Fits every learner to a subset sampled with replacement from X. Calling this method makes the learner forget the data it has seen up until this point and replaces it with X! If you would like to perform bootstrapping on each learner using the data it has seen, use the method .rebag()!

Calling this method makes the learner forget the data it has seen up until this point and replaces it with X!

Parameters:	X – The samples to be fitted on. y – The corresponding labels. **fit_kwargs – Keyword arguments to be passed to the fit method of the predictor.

predict(X: Union[list, numpy.ndarray, scipy.sparse.csr.csr_matrix], return_std: bool = False, **predict_kwargs) → Any[source]¶

Predicts the values of the samples by averaging the prediction of each regressor.

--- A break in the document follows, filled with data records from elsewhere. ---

-- ===== src/Validators/Again.antt =====
-- Validating what a validation has let through.
use property_platform_backen.Prelude.{
  ℕ, ◌≡◌, inl, inr, refl, Text, codes, text_eq, Option, some, List,
}
use property_platform_backen.Json.{Json, num, str, obj, end, field, str_or_null}
use property_platform_backen.Hash.{trim}
use property_platform_backen.Hash.Trim.{trim-twice}
use property_platform_backen.Database.{Source, website, mobile_app, partner_portal, other}
use property_platform_backen.Enquiries.{CreateEnquiryInput}
use property_platform_backen.Validators.{
  Zod, Issue, whole, good, ◌<*>◌, get_field, conclude, check_text, check_nullable, check_number,
  check_choice, choice, not_positive, unbounded,
}
use property_platform_backen.Validators.Checks.{
  check_text-eq-good, check_nullable-eq-good, check_number-eq-good,
}
use property_platform_backen.Validators.Schemas.{
  source_of, check_source, parse_fields, parse_create_enquiry,
}
use property_platform_backen.Validators.Bounds.{parse_create_enquiry-IsChecked}

abbrev pub source_text : Source → Text
source_text website = codes "website"
source_text mobile_app = codes "mobile_app"
source_text partner_portal = codes "partner_portal"
source_text other = codes "other"

-- The validated body, which replaces the one that was sent.
abbrev pub encoded : CreateEnquiryInput → Json
encoded input = obj (
    field (codes "fullName") (str input.full_name) (
      field (codes "email") (str input.email) (
        field (codes "phone") (str_or_null input.phone) (
          field (codes "propertyId") (num input.property_id) (
            field (codes "message") (str input.message)
              (field (codes "source") (str (source_text input.source)) end))))))

module _ (zod : Zod) where
  check_text_again :
      (name : Text) (issues : Text → List Issue) (v : Option Json) (t : Text)
      → check_text zod name issues v ≡ good t
      → check_text zod name issues (some (str t)) ≡ good t
  unfolding check_text conclude
  check_text_again name issues v t h =
      let (s, _, same, fine) = check_text-eq-good zod name issues v t h in
      let fixed : trim t ≡ t = rw same at (trim-twice s) in rw (fixed, fine)

  check_nullable_again :
      (name : Text) (issues : Text → List Issue) (v : Option Json) (o : Option Text)
      → check_nullable zod name issues v ≡ good o
      → check_nullable zod name issues (some (str_or_null o)) ≡ good o
  unfolding check_nullable conclude
  check_nullable_again name issues v o h = elim (check_nullable-eq-good zod name issues v o h) [
    | inl missing ↦ rw missing refl
    | inr (s, there, fine) ↦ rw (there, trim-twice s, fine)
  ]

  check_source_again : (s : Source) → check_source zod (some (str (source_text s))) ≡ good s
  unfolding check_source check_choice choice source_of codes text_eq
  check_source_again website = refl
  check_source_again mobile_app = refl
  check_source_again partner_portal = refl
  check_source_again other = refl

  module _ (numeric : (n : ℕ) → zod.number_of (some (num n)) ≡ whole n) where
    check_number_again :
        (name : Text) (v : Option Json) (n : ℕ)
        → check_number zod name not_positive unbounded v ≡ good n
        → check_number zod name not_positive unbounded (some (num n)) ≡ good n
    unfolding check_number conclude
    check_number_again name v n h =
        let (_, low, _) = check_number-eq-good zod name not_positive unbounded v n h in
        rw (numeric n, low)

    -- If `Number` leaves a number alone, a body that `createEnquirySchema` accepts is turned into
    -- one that it accepts with the same result: no field changes when it is validated again.
    pub parse_create_enquiry_again :
        (body : Json) (input : CreateEnquiryInput)
        → parse_create_enquiry zod body ≡ good input
        → parse_create_enquiry zod (encoded input) ≡ good input
    unfolding parse_create_enquiry parse_fields get_field codes text_eq ◌<*>◌
    parse_create_enquiry_again body input h =
        let (fields, _, c) = parse_create_enquiry-IsChecked zod body input h in
        rw (
          check_text_again _ _ _ input.full_name c.full_name,
          check_text_again _ _ _ input.email c.email,
          check_nullable_again _ _ _ input.phone c.phone,
          check_number_again _ _ input.property_id c.property_id,
          check_text_again _ _ _ input.message c.message,
          check_source_again input.source,
        )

Parameters:	X – The samples to be predicted. **predict_kwargs – Keyword arguments to be passed to the `vote()` method of the CommitteeRegressor.
Returns:	The predicted class labels for X.

query()¶

Finds the n_instances most informative point in the data provided by calling the query_strategy function.

Parameters:	query_args – The arguments for the query strategy. For instance, in the case of `max_disagreement_sampling()`, it is the pool of samples from which the query. strategy should choose instances to request labels. *query_kwargs – Keyword arguments for the query strategy function.
Returns:	Return value of the query_strategy function. Should be the indices of the instances from the pool chosen to be labelled and the instances themselves. Can be different in other cases, for instance only the instance to be labelled upon query synthesis.

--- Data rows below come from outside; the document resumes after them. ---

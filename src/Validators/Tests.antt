-- ===== src/Validators/Tests.antt =====
-- Instances of the theorems on validation, and runs of the schemas.
use property_platform_backen.Prelude.{
  characters, characters_from, ◌≡◌, refl, codes, text_eq, true, Option, some, [], if◌then◌else◌,
}
use property_platform_backen.Json.{Json, num, str, obj, end, field}
use property_platform_backen.Hash.{
  is_space, is_digit, trim_start, cons_unless_blank, trim_end, trim,
}
use property_platform_backen.Database.{fits, has_fingerprint, website}
use property_platform_backen.Transaction.Calm.{calm}
use property_platform_backen.Enquiries.{CreateEnquiryInput, values}
use property_platform_backen.Enquiries.Create.{is_missing}
use property_platform_backen.EnquiryApi.{respond, create_enquiry_handler}
use property_platform_backen.Validators.{
  Zod, Number, nan, whole, good, ◌<*>◌, get_field, conclude, check_text, check_nullable,
  check_number,
}
use property_platform_backen.Validators.Schemas.{
  is_phone_unit, is_phone, check_source, parse_fields, parse_create_enquiry,
}
use property_platform_backen.Validators.Accepted.{post_valid}
use property_platform_backen.Samples.{plain, browser, town}

abbrev number : Option Json → Number
number (some (num n)) = whole n
number _ = nan

abbrev simple : Zod
simple = record { number_of = number; is_email = λ t. true; message_of = λ issue. codes "no" }

-- The payload of the repository's own test.
abbrev jane : Json
jane = obj (
    field (codes "fullName") (str (codes " Jane Doe")) (
      field (codes "email") (str (codes "jane@example.com")) (
        field (codes "phone") (str (codes "+919876543210")) (
          field (codes "propertyId") (num 7)
            (field (codes "message") (str (codes "Interested in a viewing")) end)))))

abbrev jane_parsed : CreateEnquiryInput
jane_parsed = record {
  full_name = codes "Jane Doe";
  email = codes "jane@example.com";
  phone = some (codes "+919876543210");
  property_id = 7;
  message = codes "Interested in a viewing";
  source = website;
}

jane_accepted : parse_create_enquiry simple jane ≡ good jane_parsed
unfolding parse_create_enquiry parse_fields get_field codes text_eq check_text check_nullable
    check_number check_source conclude ◌<*>◌ trim trim_start trim_end cons_unless_blank is_space
    is_digit is_phone is_phone_unit
jane_accepted = refl

browser_fits : fits 45 browser.ip_address ≡ true
unfolding codes characters characters_from
browser_fits = refl

post_valid_example :
    (respond true
      (codes "r1")
      (create_enquiry_handler plain jane_parsed browser (calm (town [])))).0.status
    ≡ (if is_missing plain jane_parsed browser (town [])
        then 404
        else if has_fingerprint (values plain jane_parsed browser).fingerprint (town []).enquiries
        then 409
        else 201)
post_valid_example =
    post_valid simple plain jane jane_parsed browser true (codes "r1") (town []) jane_accepted
      (browser_fits, refl)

rebag(**fit_kwargs) → None¶

Refits every learner with a dataset bootstrapped from its training instances. Contrary to .bag(), it bootstraps the training data for each learner based on its own examples.

Parameters:	**fit_kwargs – Keyword arguments to be passed to the fit method of the predictor.

teach(X: Union[list, numpy.ndarray, scipy.sparse.csr.csr_matrix], y: Union[list, numpy.ndarray, scipy.sparse.csr.csr_matrix], bootstrap: bool = False, only_new: bool = False, **fit_kwargs) → None¶

Adds X and y to the known training data for each learner and retrains learners with the augmented dataset.

Parameters:

X – The new samples for which the labels are supplied by the expert.
y – Labels corresponding to the new instances in X.
bootstrap – If True, trains each learner on a bootstrapped set. Useful when building the ensemble by bagging.
only_new – If True, the model is retrained using only X and y, ignoring the previously provided examples.
**fit_kwargs – Keyword arguments to be passed to the fit method of the predictor.

vote(X: Union[list, numpy.ndarray, scipy.sparse.csr.csr_matrix], **predict_kwargs)[source]¶

Predicts the values for the supplied data for each regressor in the CommitteeRegressor.

Parameters:	X – The samples to cast votes. **predict_kwargs – Keyword arguments to be passed to `predict()` of the learners.
Returns:	The predicted value for each regressor in the CommitteeRegressor and each sample in X.